### WORK TO COMPLETE
Scan the entries below for the word "Unit". Copy each line that has it.

▼▼▼

-- ===== src/MeshProto/Replay.antt =====
-- lib/mb-proto-mesh/src/replay.rs: the sliding replay window of one key, and the cache of windows.
pub mod Words
pub mod Bitmap
pub mod Refine
pub mod Cache
use meshbus_rs.Bits.{test_bit, set_bit, clear_bit}
use meshbus_rs.Prelude.{ℕ, zero, suc, ◌+◌, ◌-◌, ◌*◌, ◌/◌, ◌%◌, max, ltb, leb, ◌==◌, Text, text_eq}
use meshbus_rs.Prelude.{
  text_eq_iff, Eq, Bool, true, false, ◌&&◌, List, [], ◌∷◌, get_or, set, replicate,
}
use meshbus_rs.Prelude.{
  length, Result, ok, err, lookup, insert, Option, none, some, if◌then◌else◌, not, ◌≡◌, ◌↔◌, arith,
}

pub data MeshSecError : Type 0 where
  truncated : MeshSecError
  unsupported_version : ℕ → MeshSecError
  payload_too_large auth replay replay_too_old : MeshSecError
  serialize : Text → MeshSecError

pub record Window : Type 0 where
  pub highest : ℕ
  pub seen : Bool
  pub bits : List ℕ

unfoldable pub new_window : ℕ → Window
new_window words = record { highest = 0; seen = false; bits = replicate words 0 }

-- `counter % (bits.len() * 64)`
abbrev pub index : List ℕ → ℕ → ℕ
index bits counter = counter % (length bits * 64)

unfoldable pub test : List ℕ → ℕ → Bool
test bits counter = test_bit (get_or bits (index bits counter / 64) 0) (index bits counter % 64)

unfoldable pub set_counter : List ℕ → ℕ → List ℕ
set_counter bits counter =
    set bits (index bits counter / 64)
      (set_bit (get_or bits (index bits counter / 64) 0) (index bits counter % 64))

unfoldable pub clear : List ℕ → ℕ → List ℕ
clear bits counter =
    set bits (index bits counter / 64)
      (clear_bit (get_or bits (index bits counter / 64) 0) (index bits counter % 64))

-- `for skipped in from..from + n { window.clear(skipped) }`
unfoldable pub clear_range : List ℕ → ℕ → ℕ → List ℕ
clear_range bits from zero = bits
clear_range bits from (suc n) = clear_range (clear bits from) (from + 1) n

-- What is left of the bits when a new highest counter comes.
unfoldable pub advance : ℕ → Window → ℕ → List ℕ
advance window_bits w counter =
    if leb window_bits (counter - w.highest)
    then replicate (length w.bits) 0
    else clear_range w.bits (w.highest + 1) (counter - (w.highest + 1))

-- The body of `check_and_insert` on the key's window.
unfoldable pub check_window : ℕ → Window → ℕ → Result MeshSecError (Unit {0}) × Window
check_window window_bits w counter =
    if not w.seen
    then (ok tt, record { highest = counter; seen = true; bits = set_counter w.bits counter })
    else if ltb w.highest counter
    then (
      ok tt,
      record {
        highest = counter;
        seen = true;
        bits = set_counter (advance window_bits w counter) counter;
      },
    )
    else if leb window_bits (w.highest - counter)
    then (err MeshSecError.replay_too_old, w)
    else if test w.bits counter
    then (err MeshSecError.replay, w)
    else (ok tt, record w { bits = set_counter w.bits counter })

-- `(peer_id, epoch_number, boot_salt)`
abbrev pub WindowKey : Type 0
WindowKey = Text × ℕ × List ℕ

unfoldable pub window_key_eq : WindowKey → WindowKey → Bool
window_key_eq (p, n, s) (q, m, t) = text_eq p q && (n == m && text_eq s t)

pub window_key_eq_iff : (j k : WindowKey) → (window_key_eq j k ≡ true) ↔ (j ≡ k)
unfolding window_key_eq
window_key_eq_iff (p, n, s) (q, m, t) = ground (arith, text_eq_iff p q, text_eq_iff s t)

instance abbrev pub window_key_eq_inst : Eq WindowKey
window_key_eq_inst = record { beq = window_key_eq; beq_iff = window_key_eq_iff }

pub record MeshSecReplayCache : Type 0 where
  pub words : ℕ
  pub window_bits : ℕ
  pub windows : List (WindowKey × Window)

unfoldable pub new_cache : ℕ → MeshSecReplayCache
new_cache window_bits = record {
  words = max (window_bits / 64) 1;
  window_bits = window_bits;
  windows = [];
}

unfoldable pub or_new : ℕ → Option Window → Window
or_new words none = new_window words
or_new words (some w) = w

-- `entry(key).or_insert_with(|| Window::new(words))`
unfoldable pub window_of : MeshSecReplayCache → WindowKey → Window
window_of c k = or_new c.words (lookup k c.windows)

unfoldable pub check_and_insert :
    MeshSecReplayCache → WindowKey → ℕ → Result MeshSecError (Unit {0}) × MeshSecReplayCache
check_and_insert c k counter =
    let (r, w) = check_window c.window_bits (window_of c k) counter in
    (r, record c { windows = insert k w c.windows })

▲▲▲

### RESULT OF THE TASK
unfoldable pub check_window : ℕ → Window → ℕ → Result MeshSecError (Unit {0}) × Window
    MeshSecReplayCache → WindowKey → ℕ → Result MeshSecError (Unit {0}) × MeshSecReplayCache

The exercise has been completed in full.